And now you're making assumptions just like that person.

I doubt he'll have a rookie season like that, but it's ridiculous to say he absolutely won't be able to do it in the future.


----------



## rocketeer (Oct 7, 2002)

B-Roy said:


> And now you're making assumptions just like that person.
> 
> I doubt he'll have a rookie season like that, but it's ridiculous to say he absolutely won't be able to do it in the future.


i guess i should have added in my opinion to my statement.

i just don't see how anyone sees that from beasley.


----------



## Dornado (May 26, 2003)

Hustle said:


> Is Beasley big enough? All the guys mentioned are 7 footers who can play center and Beasley is not even 6'9". I can't believe all this he's going to grow crap, how many people grow in height after they are 19.


Last time I checked, they played basketball in shoes... which means Michael Beasley is 6'9". Not less. Also, he has a 7 foot wingspan and a 9'1" standing reach... (those numbers are from the Nike Hoop Summit in 2007). I think he's big enough to play the 4... whether or not he can is a different Q.


----------



## someone (Jul 17, 2007)

rocketeer said:


> not only will beasley not have a 24 point and 12 rebound per game rookie season, he will never have a season like that during his entire career.
> 
> you can't just take college numbers and extrapolate them into pro numbers. that just doesn't work.


first part is absurd and second part is dead on.


----------



## rocketeer (Oct 7, 2002)

Dornado said:


> Last time I checked, they played basketball in shoes... which means Michael Beasley is 6'9". Not less. Also, he has a 7 foot wingspan and a 9'1" standing reach... (those numbers are from the Nike Hoop Summit in 2007). I think he's big enough to play the 4... whether or not he can is a different Q.


i don't see him being able to play anything other than the 4.


----------



## someone (Jul 17, 2007)

i'd wait to see how tall her is at 21 to make that decision


----------



## rocketeer (Oct 7, 2002)

liekomgj4ck said:


> first part is absurd and second part is dead on.


so him not averaging 24 points and 12 rebounds during a single season in his career is absurd? maybe you don't realize how hard 24/12 is. tim duncan did it once. kevin garnett did it once. yao has never done it. dwight has never done it. boozer's never done it. amare hasn't done it. dirk hasn't done it. bosh hasn't done it. the only guy in the nba right now that i can think of who has done it more than once is shaq and he's done it 4 times.

but yeah. beasley is immediately going to be on par with duncan and garnett's best statistical seasons and i'm crazy for thinking that won't happen.


----------



## Hustle (Dec 17, 2003)

Dornado said:


> Last time I checked, they played basketball in shoes... which means Michael Beasley is 6'9". Not less.
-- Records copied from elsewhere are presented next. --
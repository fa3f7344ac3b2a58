-- ===== src/Tgclient/Scan/History.antt =====
-- internal/tgclient/tgclient.go: the own messages of a chat, newest first, and the smallest id of a
-- page of them.
use langolier_bot.Base.{
  ℕ, ◌≤◌, ◌<◌, Bool, true, false, ◌||◌, List, [], ◌∷◌, ◌++◌, ltb, nat_beq, if◌then◌else◌, All,
  arith,
}
use langolier_bot.Tgclient.Scan.{Message, message, min_id_from}

-- An own message: its id, and its date in seconds.
abbrev pub Own : Type 0
Own = ℕ × ℕ

abbrev pub to_message : Own → Message
to_message (id, date) = message id date

abbrev pub to_messages : List Own → List Message
to_messages [] = []
to_messages (x ∷ xs) = to_message x ∷ to_messages xs

-- A history, newest first: ids are positive and fall.
abbrev pub IsHistory : List Own → Type 0
IsHistory [] = Unit
IsHistory (x ∷ xs) = (0 < x.0) × (All (λ (y : Own). y.0 < x.0) xs × IsHistory xs)

by_cases : (Q : ℕ → Type 0) (b : Bool) (x y : ℕ) → Q x → Q y → Q (if b then x else y)
by_cases Q true x y hx hy = hx
by_cases Q false x y hx hy = hy

-- The smallest id of a page is the id of one of its messages, and no other is smaller.
pub min_id-All :
    (Q : ℕ → Type 0) (m : ℕ) (xs : List Own)
    → Q m
    → All (λ (x : Own). Q x.0) xs
    → Q (min_id_from m (to_messages xs))
unfolding min_id_from
min_id-All Q m [] q h = q
min_id-All Q m (x ∷ xs) q h =
    min_id-All Q (if nat_beq m 0 || ltb x.0 m then x.0 else m) xs (by_cases Q _ x.0 m h.0 q) h.1

pub min_id-le :
    (m : ℕ) (xs : List Own)
    → 0 < m
    → All (λ (x : Own). 0 < x.0) xs
    → (min_id_from m (to_messages xs) ≤ m)
      × All (λ (x : Own). min_id_from m (to_messages xs) ≤ x.0) xs
unfolding min_id_from
min_id-le m [] p h = (omega arith, tt)
min_id-le m (x ∷ xs) p h =
    let smaller : ℕ = if nat_beq m 0 || ltb x.0 m then x.0 else m in
    let (le, all) = min_id-le smaller xs (by_cases (λ k. 0 < k) _ x.0 m h.0 p) h.1 in
    (ground (arith, le), (ground (arith, le), all))

pub IsHistory-positive : (xs : List Own) → IsHistory xs → All (λ (x : Own). 0 < x.0) xs
IsHistory-positive [] h = tt
IsHistory-positive (x ∷ xs) h = (h.0, IsHistory-positive xs h.1.1)

pub All-split : (Q : Own → Type 0) (xs ys : List Own) → All Q (xs ++ ys) → All Q xs × All Q ys
All-split Q [] ys h = (tt, h)
All-split Q (x ∷ xs) ys h = let (a, b) = All-split Q xs ys h.1 in ((h.0, a), b)

-- All that stands behind is below all that stands before.
pub IsHistory-append :
    (xs ys : List Own)
    → IsHistory (xs ++ ys)
    → All (λ (x : Own). All (λ (y : Own). y.0 < x.0) ys) xs × IsHistory xs × IsHistory ys
IsHistory-append [] ys h = (tt, tt, h)
IsHistory-append (x ∷ xs) ys h =
    let (a, b) = All-split (λ (y : Own). y.0 < x.0) xs ys h.1.0 in
    let (c, d, e) = IsHistory-append xs ys h.1.1 in ((b, c), (h.0, (a, d)), e)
Also, he has a 7 foot wingspan and a 9'1" standing reach... (those numbers are from the Nike Hoop Summit in 2007). I think he's big enough to play the 4... whether or not he can is a different Q.


6'9" in shoes that's exactly what I mean. He is as close in height to a 2 guard as those guys and other recent championship bigs Shaq, Robinson, Hakeem, and in my mind Nowitski.

I don't even question that he is a 4 and will be damn good at it, allstar caliber, at least a few times. That speaks how highly I think of Rose I guess.


----------



## DaBabyBullz (May 26, 2006)

liekomgj4ck said:


> how's chelsea clinton doing? you see her?


She wasn't there unfortunately. Hillary was in one town on Friday, and she was VERY impressive, and Bill in another town on Sunday, and he was cool too (mainly said the same things Hillary had on Friday, but he's essentially a God in my book, so it was cool meeting him....weird thing is, to see Hillary you got searched and wanded and everything....NOTHING to see Bill lol, and I mean absolutely nothing, other than secret service standing by him). I just switched from independent to Democrat on last Monday so I could vote for her in the primary. She's the only worthwhile candidate in the thing, so she'd better win!


----------



## csourk4ksu (May 25, 2008)

Over at ksufans.com our resident youtube guru made a great highlight video.

He says it all in the descrition:

"Don't be retarded, Chicago. "

http://www.youtube.com/watch?v=rGV_wGpupbM


----------



## Dornado (May 26, 2003)

csourk4ksu said:


> Over at ksufans.com our resident youtube guru made a great highlight video.
> 
> He says it all in the descrition:
> 
> ...


Great video... some stuff I hadn't seen before... for those to lazy to follow the link:

<object width="425" height="355"><param name="movie" value="http://www.youtube.com/v/rGV_wGpupbM&hl=en"></param><param name="wmode" value="transparent"></param><embed src="http://www.youtube.com/v/rGV_wGpupbM&hl=en" type="application/x-shockwave-flash" wmode="transparent" width="425" height="355"></embed></object>


----------



## 4putt (May 21, 2008)

Dornado said:


> Great video... some stuff I hadn't seen before... for those to lazy to follow the link:
> 
> <object width="425" height="355"><param name="movie" value="http://www.youtube.com/v/rGV_wGpupbM&hl=en"></param><param name="wmode" value="transparent"></param><embed src="http://www.youtube.com/v/rGV_wGpupbM&hl=en" type="application/x-shockwave-flash" wmode="transparent" width="425" height="355"></embed></object>


hmmm, no matter what height he is, b-easy looks pretty good against 7'-0", 260lb andre jordan, 6'-11", 250lb sasha kaun, 6'-10", 265lb alecs maric, 6'-11", 226lb connor atchley and even 6'-11" 250lb jason thompson for a few of those clips (in addition to double teams)... all of whom will see nba time


----------



## yodurk (Sep 4, 2002)

Impressive video. I've gotta be honest, Beasley's game looks more like a SF than a PF. Not sure whether that's good or bad (or anything), but that's the one thing I took from that video.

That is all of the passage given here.